El tiempo se estira hasta parecer eterno. Nadie habla. Hay sudor y tensión.

Miro como Milán aprieta la mandíbula cuando parece que el paciente nos va a dejar. Pero, no pierde el control, aunque sé que está al límite. Lo noto por cómo respira, por cómo no se permite parar.

El paciente aguanta como un auténtico campeón.

Poco a poco y gracias a Dios, el ritmo empieza a estabilizarse. No es inmediato, pero responde. Nadie dice nada hasta que ha pasado el peligro.

Cuando todo termina, no hay un alivio exagerado, pero sí general. Solo seguimos funcionando hasta el final.

Ambos salimos del quirófano visiblemente cansados. Me quito los guantes y ahora sí noto el temblor en mis manos.

Milán se apoya en la pared. Solo un segundo, pero lo suficiente para notar que no es él.

—¿Estás bien? —Asiente, aunque tarda en hablar.

—Se ha librado por muy poco —dice al final.

—Sí.

—Si llegamos a entrar ahí cinco minutos más tarde…

—No lo hemos hecho —lo corto—. Y ha salido todo bien, porque estaba en muy buenas manos. Eres un cirujano increíble.

Me mira y en esa mirada hay algo distinto, un brillo diferente. No es agradecimiento. Es algo más serio, más real. Realmente ha creído que perdí a ese hombre.

Doy un paso hacia él.

No sé para qué, pero lo hago y simplemente ocurre.

Lo rodeo con mis brazos durante un instante. En un movimiento rápido, casi torpe, como si mi cuerpo se hubiera adelantado a mí cabeza.

Milán se queda quieto, tenso… y luego responde lo justo para que lo note.

La sacudida en mi cuerpo al sentir como sus brazos me rodean es inmediata. Un escalofrío me recorre de arriba abajo y me obliga a soltarlo casi al instante.

Nos separamos casi al mismo tiempo sin decir nada.

Yo bajo la vista mientras él se pasa una mano por el pelo.

El silencio es más espeso que antes.

—Ha salido todo bien… —murmuro, sin saber muy bien qué decir.

—Sí —responde, igual de escueto.

Se recoloca la bata, como si necesitara volver a su sitio.
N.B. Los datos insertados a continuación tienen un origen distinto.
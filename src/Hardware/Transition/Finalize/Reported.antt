-- ===== src/Hardware/Transition/Finalize/Reported.antt =====
-- The counters that are reported after a stop at the root return.
use vd_trace.Base.{
  ℕ, ◌==◌, ◌≡◌, refl, ◌∙◌, Bool, true, false, not, ◌&&◌, ◌||◌, Option, none, some, ◌∷◌, by_test,
  if◌then◌else◌, arith, Bool-cases, inl, inr, ap,
}
use vd_trace.Session.{
  call, kind_eq, FlowEdgeKey, EnhancedSamplingFrame, StepEvent, ExecutionSummary, Impl,
}
use vd_trace.Hardware.{Context, clear_pending_resolution, store_observed_addresses_unique}
use vd_trace.Hardware.Transition.{
  should_emit_transition, emit_from, update_call_stack_for_transition, push_call_frame,
  try_pop_call_frame, pop_matching, try_arm_hot_return_bypass, arm_bypass,
  should_auto_stop_on_root_return,
}
use vd_trace.Hardware.Transition.Finalize.{
  Finalized, watch_resume, keep_handoff, waits_for_resume, finish_transition, bypass_or_finish,
  arm_transition, switch_or_arm, hand_over_call, emit_transition, follow_transition,
  switch_or_follow, hand_over_pending, finalize_hardware_transition,
}
use vd_trace.Hardware.Transition.Finalize.Ending.{is_hot}
use vd_trace.Hardware.Transition.Finalize.Whole.{finalize-Concludes}
use vd_trace.Runtime.{
  Machine, count_event, clear_pending_async_handoff, reported_event_count,
  reset_thread_observation_state,
}
use vd_trace.Runtime.Handoff.{
  HandoffRequest, try_activate_async_thread_handoff, hand_over, queue_async_handoff_request,
}
use vd_trace.Runtime.Rotation.{
  rotate_queued_trigger_trace, finish_rotation, begin_trigger_thread_capture, begin_capture,
  release_thread, supports_queued_trigger_tracing,
}

-- The retained summary is `r`.
abbrev Retains : ExecutionSummary → Impl → Type 0
Retains r impl = impl.retained ≡ r

abbrev FinalRetains : ExecutionSummary → Finalized → Type 0
FinalRetains r f = Retains r f.impl

update_stack-Retains :
    (impl : Impl) (next_entry : ℕ) (frame : EnhancedSamplingFrame)
    → Retains impl.retained (update_call_stack_for_transition impl next_entry frame)
unfolding update_call_stack_for_transition push_call_frame try_pop_call_frame pop_matching
update_stack-Retains impl next_entry frame = ground arith

begin-Retains : (o : Option (ℕ × ℕ)) (impl : Impl) → Retains impl.retained (begin_capture o impl).1
unfolding begin_capture
begin-Retains none impl = refl
begin-Retains (some (c, a)) impl = ground arith

finish_rotation-Retains :
    (r : ExecutionSummary) (b : Bool × Impl) (context : Context)
    → Retains r b.1
    → Retains r (finish_rotation b context).1
unfolding finish_rotation
finish_rotation-Retains r (false, s) context e = e
finish_rotation-Retains r (true, s) context e = e

module _ (machine : Machine) where
  capture-Retains :
      (impl : Impl) → Retains impl.retained (begin_trigger_thread_capture machine impl).1
  unfolding begin_trigger_thread_capture
  capture-Retains impl =
      by_test (λ (r : Bool × Impl). Retains impl.retained r.1)
        (impl.configured_trigger_address == 0) {x = (false, impl)}
        {y = begin_capture (machine.arm_trigger_capture_threads impl) impl} (λ h. refl)
        (λ h. begin-Retains (machine.arm_trigger_capture_threads impl) impl)

  rotate-Retains :
      (impl : Impl) (context : Context)
      → Retains impl.retained (rotate_queued_trigger_trace machine impl context).1
  unfolding rotate_queued_trigger_trace release_thread reset_thread_observation_state
  rotate-Retains impl context =
      by_test (λ (r : Bool × Impl × Context). Retains impl.retained r.1)
        (not (supports_queued_trigger_tracing impl)) {x = (false, impl, context)}
        {y = finish_rotation (begin_trigger_thread_capture machine (release_thread impl)) context}
        (λ h. refl)
        (λ h.
          finish_rotation-Retains impl.retained _ context (capture-Retains (release_thread impl)))

  finish-Retains :
      (r : ExecutionSummary) (emitted waiting : Bool) (next_entry call_depth : ℕ) (impl : Impl)
      (context : Context)
      → Retains r impl
      → FinalRetains r
          (finish_transition machine emitted waiting next_entry call_depth impl context)
  unfolding finish_transition
  finish-Retains r emitted waiting next_entry call_depth impl context e =
      let s = clear_pending_resolution impl in
      let (rotated, t, c) = rotate_queued_trigger_trace machine s context in
      by_test (FinalRetains r)
        (not (
          emitted && should_auto_stop_on_root_return s s.pending_block.tail_decode.kind call_depth))
        (λ h. e)
        (λ h.
          by_test (FinalRetains r) rotated (λ y. rotate-Retains s context ∙ e)
            (λ n. rotate-Retains s context ∙ e))

  try_arm-Retains :
      (impl : Impl) (target call_depth : ℕ)
      → Retains impl.retained (try_arm_hot_return_bypass impl target call_depth).1
  unfolding try_arm_hot_return_bypass arm_bypass store_observed_addresses_unique
  try_arm-Retains impl target call_depth = ground arith

  bypass-Retains :
      (r : ExecutionSummary) (waiting : Bool) (next_entry call_depth : ℕ) (context : Context)
      (b : Bool × Impl)
      → Retains r b.1
      → FinalRetains r (bypass_or_finish machine waiting next_entry call_depth context b)
  unfolding bypass_or_finish
  bypass-Retains r waiting next_entry call_depth context (true, s) e = e
  bypass-Retains r waiting next_entry call_depth context (false, s) e =
      finish-Retains r false waiting next_entry call_depth s context e

  arm-Retains :
      (r : ExecutionSummary) (single emitted : Bool) (event_target next_entry call_depth : ℕ)
      (impl : Impl) (context : Context)
      → Retains r impl
      → FinalRetains r
          (arm_transition machine single emitted event_target next_entry call_depth impl context)
  unfolding arm_transition
  arm-Retains r single emitted event_target next_entry call_depth impl context e =
      let waiting = waits_for_resume single impl in
      let s = if waiting then watch_resume impl else impl in
      let k : Retains r s = by_test (Retains r) waiting (λ h. e) (λ h. e) in
      by_test (FinalRetains r) emitted
        (λ h. finish-Retains r true waiting next_entry call_depth s context k)
        (λ h.
          bypass-Retains r waiting next_entry call_depth context
            (try_arm_hot_return_bypass s event_target call_depth)
            (try_arm-Retains s event_target call_depth ∙ k))

  hand_over-Retains :
      (o : Option HandoffRequest) (impl : Impl) (context : Context)
      → Retains impl.retained (hand_over machine o impl context).1
  unfolding hand_over queue_async_handoff_request
  hand_over-Retains none impl context = refl
  hand_over-Retains (some r) impl context = refl

  handoff-Retains :
      (impl : Impl) (target : ℕ) (event : StepEvent) (context : Context)
      → Retains impl.retained
          (try_activate_async_thread_handoff machine impl target event context).1
  unfolding try_activate_async_thread_handoff
  handoff-Retains impl target event context =
      by_test (λ (r : Bool × Impl × Context). Retains impl.retained r.1)
        (not impl.options.async_thread_handoff) (λ h. refl) (λ h. hand_over-Retains _ impl context)

  switch-Retains :
      (r : ExecutionSummary) (event_target next_entry call_depth : ℕ) (b : Bool × Impl × Context)
      → Retains r b.1
      → FinalRetains r (switch_or_arm machine event_target next_entry call_depth b)
  unfolding switch_or_arm
  switch-Retains r event_target next_entry call_depth (true, s, c) e = e
  switch-Retains r event_target next_entry call_depth (false, s, c) e =
      arm-Retains r false true event_target next_entry call_depth s c e

  call-Retains :
      (r : ExecutionSummary) (single : Bool) (event : StepEvent)
      (event_target next_entry call_depth : ℕ) (impl : Impl) (context : Context)
      → Retains r impl
      → FinalRetains r
          (hand_over_call machine single event event_target next_entry call_depth impl context)
  unfolding hand_over_call
  call-Retains r single event event_target next_entry call_depth impl context e =
      by_test (FinalRetains r) (not (kind_eq event.kind call))
        (λ h. arm-Retains r single true event_target next_entry call_depth impl context e)
        (λ h.
          by_test (FinalRetains r) single
            (λ y.
              arm-Retains r true true event_target next_entry call_depth
                (keep_handoff impl event_target event) context e)
            (λ n.
              switch-Retains r event_target next_entry call_depth
                (try_activate_async_thread_handoff machine impl event_target event context)
                (handoff-Retains impl event_target event context ∙ e)))

  emit_event-Retains :
      (r : ExecutionSummary) (b : Bool) (impl : Impl) (event : StepEvent)
      → Retains r impl
      → Retains r (if b then record impl { events = event ∷ impl.events } else impl)
  emit_event-Retains r true impl event e = e
  emit_event-Retains r false impl event e = e

  emit-Retains :
      (r : ExecutionSummary) (single : Bool) (event_target next_entry : ℕ) (b : Bool × Impl)
      (context : Context)
      → Retains r b.1
      → FinalRetains r (emit_transition machine single event_target next_entry b context)
  unfolding emit_transition
  emit-Retains r single event_target next_entry (false, impl) context e =
      arm-Retains r single false event_target next_entry _ _ context
        (update_stack-Retains impl next_entry _ ∙ e)
  emit-Retains r single event_target next_entry (true, impl) context e =
      call-Retains r single _ event_target next_entry _ _ context (
        update_stack-Retains _ next_entry _
        ∙ emit_event-Retains r impl.options.has_callback (count_event impl) _ e)

  should_emit-Retains :
      (impl : Impl) (key : FlowEdgeKey)
      → Retains impl.retained (should_emit_transition machine.virtual_query impl key).1
  unfolding should_emit_transition emit_from
  should_emit-Retains impl key = ground arith

  follow-Retains :
      (single : Bool) (observed_rip event_target next_entry : ℕ) (impl : Impl) (context : Context)
      → FinalRetains impl.retained
          (follow_transition machine single observed_rip event_target next_entry impl context)
  unfolding follow_transition
  follow-Retains single observed_rip event_target next_entry impl context =
      elim (Bool-cases (kind_eq impl.pending_block.tail_decode.kind call)) [
        | inl yes' ↦
            rw yes'
              (emit-Retains impl.retained single event_target _ _ context (should_emit-Retains _ _))
        | inr no' ↦
            rw no'
              (emit-Retains impl.retained single event_target _ _ context (should_emit-Retains _ _))
      ]

  pending-Retains :
      (r : ExecutionSummary) (observed_rip event_target next_entry : ℕ) (b : Bool × Impl × Context)
      → Retains r b.1
      → FinalRetains r (switch_or_follow machine observed_rip event_target next_entry b)
  unfolding switch_or_follow
  pending-Retains r observed_rip event_target next_entry (true, s, c) e = e
  pending-Retains r observed_rip event_target next_entry (false, s, c) e =
      follow-Retains false observed_rip event_target next_entry (clear_pending_async_handoff s) c
      ∙ e

  finalize-Retains :
      (impl : Impl) (observed_rip : ℕ) (context : Context) (from_single_step : Bool)
      → FinalRetains impl.retained
          (finalize_hardware_transition machine impl observed_rip context from_single_step)
  unfolding finalize_hardware_transition hand_over_pending
  finalize-Retains impl observed_rip context from_single_step =
      let next_entry =
        if impl.pending_resume_entry_valid then impl.pending_resume_entry else observed_rip in
      let event_target =
        if impl.pending_target_override_valid then impl.pending_target_override else observed_rip in
      by_test (FinalRetains impl.retained)
        (not impl.pending_block.valid || not impl.pending_block.emits_edge) (λ h. refl)
        (λ h.
          by_test (FinalRetains impl.retained)
            (not from_single_step && impl.pending_async_handoff_valid)
            (λ y.
              pending-Retains impl.retained observed_rip event_target next_entry
                (try_activate_async_thread_handoff machine impl impl.pending_async_handoff_target
                  impl.pending_async_handoff_event context)
                (handoff-Retains impl impl.pending_async_handoff_target
                  impl.pending_async_handoff_event context))
            (λ n.
              follow-Retains from_single_step observed_rip event_target next_entry impl context))

  -- Where the transition stops the session at the root return, the session no longer runs, and the
  -- number of events that it reports is the retained one from before the transition: the events of
  -- the run are not counted in it.
  pub root_stop-reports_retained :
      (impl : Impl) (observed_rip : ℕ) (context : Context) (from_single_step : Bool)
      → is_hot impl.observation_state ≡ false
      → let f = finalize_hardware_transition machine impl observed_rip context from_single_step in
        f.continues ≡ false
        → (f.impl.running ≡ false) × (reported_event_count f.impl ≡ impl.retained.event_count)
  root_stop-reports_retained impl observed_rip context from_single_step cold h =
      let (stopped, i) =
        (finalize-Concludes machine impl observed_rip context from_single_step cold).stops h in
      (
        stopped,
        rw stopped (
            ap (λ (r : ExecutionSummary). r.event_count)
              (finalize-Retains impl observed_rip context from_single_step)),
      )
—¿Has comido algo ya? —pregunta de repente.

—No.

—Yo tampoco. —Duda un segundo—. ¿Te apetece salir a comer algo rápido? A ser posible fuera del hospital, necesito parar un poco.
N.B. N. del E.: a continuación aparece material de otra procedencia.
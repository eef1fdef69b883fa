-- ===== src/PeLayout.antt =====
-- src/agent/VDTracePeLayout.cpp: how the dump of a loaded image becomes a file again, by making the
-- raw data of each section lie where the section was loaded. The image is the list of its bytes;
-- the structures of winnt.h are read at their offsets, in little-endian order. `std::sort` leaves
-- the order of sections with one address open: here it is that of the table.
pub mod Bounds
pub mod Atomic
use vd_trace.Base.{
  ℕ, zero, suc, ◌+◌, ◌-◌, ◌*◌, ◌/◌, ◌%◌, Bool, true, false, not, ◌&&◌, ◌||◌, List, [], ◌∷◌, ◌++◌,
  Option, none, some, ltb, leb, ◌==◌, if◌then◌else◌, u32_mod, length, take, drop, replicate, min,
  max,
}

abbrev pub Bytes : Type 0
Bytes = List ℕ

abbrev pub le_value : Bytes → ℕ
le_value [] = 0
le_value (b ∷ bs) = b + 256 * le_value bs

unfoldable pub le_bytes : ℕ → ℕ → Bytes
le_bytes zero v = []
le_bytes (suc n) v = v % 256 ∷ le_bytes n (v / 256)

-- The field of `count` bytes at an offset of a structure.
unfoldable pub field : Bytes → ℕ → ℕ → ℕ
field bytes offset count = le_value (take count (drop offset bytes))

-- `sizeof(T)` is `count`.
unfoldable pub fits : Bytes → ℕ → ℕ → Bool
fits bytes offset count = leb offset (length bytes) && leb count (length bytes - offset)

unfoldable pub read_at : Bytes → ℕ → ℕ → Option Bytes
unfolding fits
read_at bytes offset count =
    if fits bytes offset count then some (take count (drop offset bytes)) else none

unfoldable pub write_at : Bytes → ℕ → Bytes → Bool × Bytes
unfolding fits
write_at bytes offset value =
    if fits bytes offset (length value)
    then (true, take offset bytes ++ (value ++ drop (offset + length value) bytes))
    else (false, bytes)

unfoldable pub align_up : ℕ → ℕ → ℕ
align_up value alignment =
    if leb alignment 1 then value else ((value + alignment - 1) % u32_mod / alignment) * alignment

-- IMAGE_SECTION_HEADER: `name` has 8 bytes, and `others`, behind the raw data, 16.
pub record SectionHeader : Type 0 where
  pub name : Bytes
  pub virtual_size : ℕ
  pub virtual_address : ℕ
  pub size_of_raw_data : ℕ
  pub pointer_to_raw_data : ℕ
  pub others : Bytes

abbrev pub section_header_size : ℕ
section_header_size = 40

unfoldable pub decode_section : Bytes → SectionHeader
unfolding field
decode_section bytes = record {
  name = take 8 bytes;
  virtual_size = field bytes 8 4;
  virtual_address = field bytes 12 4;
  size_of_raw_data = field bytes 16 4;
  pointer_to_raw_data = field bytes 20 4;
  others = drop 24 bytes;
}

unfoldable pub encode_section : SectionHeader → Bytes
encode_section s =
    s.name
    ++ (le_bytes 4 s.virtual_size
        ++ (le_bytes 4 s.virtual_address
            ++ (le_bytes 4 s.size_of_raw_data ++ (le_bytes 4 s.pointer_to_raw_data ++ s.others))))

pub record SectionPatch : Type 0 where
  pub header_offset : ℕ
  pub header : SectionHeader

-- What the function reads of the headers before the table of sections.
pub record Layout : Type 0 where
  pub section_table_offset : ℕ
  pub number_of_sections : ℕ
  pub file_alignment : ℕ
  pub size_of_image : ℕ
  pub number_of_rva_and_sizes : ℕ
  pub data_directory_offset : ℕ

-- `none` is `return false`.
infixl 5 ◌>>=◌ ◌>>◌
abbrev pub ◌>>=◌ : {A B : Type 0} → Option A → (A → Option B) → Option B
none >>= f = none
some a >>= f = f a

abbrev pub ◌>>◌ : {B : Type 0} → Option (Unit {0}) → Option B → Option B
m >> k = m >>= λ _. k

abbrev pub guard : Bool → Option (Unit {0})
guard true = some tt
guard false = none

-- The two kinds of optional header: its size, and the offsets of `NumberOfRvaAndSizes` and
-- `DataDirectory`. `FileAlignment` and `SizeOfImage` are at 36 and 56 in both.
unfoldable pub read_optional_header : Bytes → ℕ → Bytes → ℕ → ℕ → ℕ → Option Layout
unfolding field
read_optional_header image optional_offset file_header size count_offset directory_offset = do
  header ← read_at image optional_offset size
  some (record {
    section_table_offset = optional_offset + field file_header 16 2;
    number_of_sections = field file_header 2 2;
    file_alignment = field header 36 4;
    size_of_image = field header 56 4;
    number_of_rva_and_sizes = field header count_offset 4;
    data_directory_offset = optional_offset + directory_offset;
  })

unfoldable pub read_by_magic : Bytes → ℕ → Bytes → ℕ → Option Layout
unfolding read_optional_header
read_by_magic image optional_offset file_header magic =
    if magic == 0x10B
    then read_optional_header image optional_offset file_header 224 92 96
    else if magic == 0x20B
    then read_optional_header image optional_offset file_header 240 108 112
    else none

-- `e_lfanew` is a LONG.
abbrev is_positive_long : ℕ → Bool
is_positive_long v = ltb 0 v && ltb v 0x80000000

-- The offset of the signature, by the DOS header.
unfoldable pub read_dos_header : Bytes → Option ℕ
unfolding field
read_dos_header image = do
  dos ← read_at image 0 64
  guard (field dos 0 2 == 0x5A4D && is_positive_long (field dos 60 4))
  some (field dos 60 4)

unfoldable pub read_file_header : Bytes → ℕ → Option Bytes
unfolding field
read_file_header image nt_offset = do
  signature ← read_at image nt_offset 4
  guard (field signature 0 4 == 0x4550)
  read_at image (nt_offset + 4) 20

unfoldable pub accept_layout : Bytes → Layout → Option Layout
accept_layout image layout =
    if layout.file_alignment == 0
      || layout.size_of_image == 0
      || ltb (length image) layout.size_of_image
    then none
    else some layout

unfoldable pub read_layout : Bytes → Option Layout
unfolding field read_by_magic read_dos_header read_file_header accept_layout
read_layout image = do
  nt_offset ← read_dos_header image
  file_header ← read_file_header image nt_offset
  magic ← read_at image (nt_offset + 24) 2
  layout ← read_by_magic image (nt_offset + 24) file_header (field magic 0 2)
  accept_layout image layout

-- The table, from the offset of the next header on.
unfoldable pub read_sections : Bytes → ℕ → ℕ → Option (List SectionPatch)
read_sections image offset zero = some []
read_sections image offset (suc n) =
    let rest = read_sections image (offset + section_header_size) n in
    do
      header ← read_at image offset section_header_size
      others ← rest
      some (record { header_offset = offset; header = decode_section header } ∷ others)

unfoldable pub insert_section : SectionPatch → List SectionPatch → List SectionPatch
insert_section p [] = p ∷ []
insert_section p (q ∷ qs) =
    if leb p.header.virtual_address q.header.virtual_address
    then p ∷ q ∷ qs
    else q ∷ insert_section p qs

unfoldable pub sort_sections : List SectionPatch → List SectionPatch
sort_sections [] = []
sort_sections (p ∷ ps) = insert_section p (sort_sections ps)

-- `desired_raw_size` of a section at the end of its round, with the address of the next one.
unfoldable pub raw_size : Layout → ℕ → ℕ → SectionHeader → ℕ
raw_size layout image_size next_rva section =
    let address = section.virtual_address in
    let available_span = next_rva - address in
    let larger = max section.virtual_size section.size_of_raw_data in
    let desired = align_up (if larger == 0 then available_span else larger) layout.file_alignment in
    let capped = if not (available_span == 0) then min desired available_span else desired in
    if leb image_size address then 0 else min capped (image_size - address)

unfoldable pub next_address : Layout → List SectionPatch → ℕ
next_address layout [] = layout.size_of_image
next_address layout (q ∷ qs) = q.header.virtual_address

-- The headers that the second loop writes. They depend on the table as it was read and on the
-- size of the image, which no write changes.
unfoldable pub patch_sections : Layout → ℕ → List SectionPatch → List SectionPatch
unfolding next_address
patch_sections layout image_size [] = []
patch_sections layout image_size (p ∷ ps) =
    record p {
      header = record p.header {
        pointer_to_raw_data = p.header.virtual_address;
        size_of_raw_data = raw_size layout image_size (next_address layout ps) p.header;
      };
    }
    ∷ patch_sections layout image_size ps

unfoldable pub write_sections : List SectionPatch → Bytes → Bool × Bytes
write_sections [] image = (true, image)
write_sections (p ∷ ps) image =
    let (written, next) = write_at image p.header_offset (encode_section p.header) in
    let rest = write_sections ps next in if written then rest else (false, next)

-- The entry of the certificates in the data directory.
unfoldable pub clear_security_directory : Layout → Bytes → Bool × Bytes
clear_security_directory layout image =
    if ltb 4 layout.number_of_rva_and_sizes
    then write_at image (layout.data_directory_offset + 4 * 8) (replicate 8 0)
    else (true, image)

unfoldable pub write_layout : Layout → List SectionPatch → Bytes → Bool × Bytes
unfolding clear_security_directory
write_layout layout sections image =
    let (written, next) =
      write_sections (patch_sections layout (length image) (sort_sections sections)) image in
    if written then clear_security_directory layout next else (false, next)

normalize_with : Option (Layout × List SectionPatch) → Bytes → Bool × Bytes
unfolding write_layout
normalize_with none image = (false, image)
normalize_with (some (layout, sections)) image = write_layout layout sections image

unfoldable pub read_image : Bytes → Option (Layout × List SectionPatch)
read_image image = do
  layout ← read_layout image
  sections ← read_sections image layout.section_table_offset layout.number_of_sections
  some (layout, sections)

unfoldable pub normalize_memory_dump_pe_layout : Bytes → Bool × Bytes
unfolding normalize_with
normalize_memory_dump_pe_layout image = normalize_with (read_image image) image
No lo dice como invitación especial, lo dice porque lo necesita.

—Sí —respondo—. A mí también me vendría bien un poco de aire.

Salir del hospital se siente raro después de vivir algo así. El aire de fuera, el ruido normal de la calle nos despeja. Entramos en un sitio sencillo. Nos sentamos sin hablar mucho al principio y comemos con hambre, supongo que es normal después del día que llevamos.

—Hay días como el de hoy que se te quedan grabados —digo.

—Sí —responde—. Aunque todo salga bien.

—Sobre todo si al final sale bien.

Me mira un segundo y vuelvo a ver en sus ojos ese brillo de antes.

—¿Sabes? Trabajas muy bien bajo presión —me halaga—. No todo el mundo aguanta algo así.

—Tú tampoco te vienes abajo —sonrío devolviendo el cumplido—. Y eso tampoco es fácil de ver.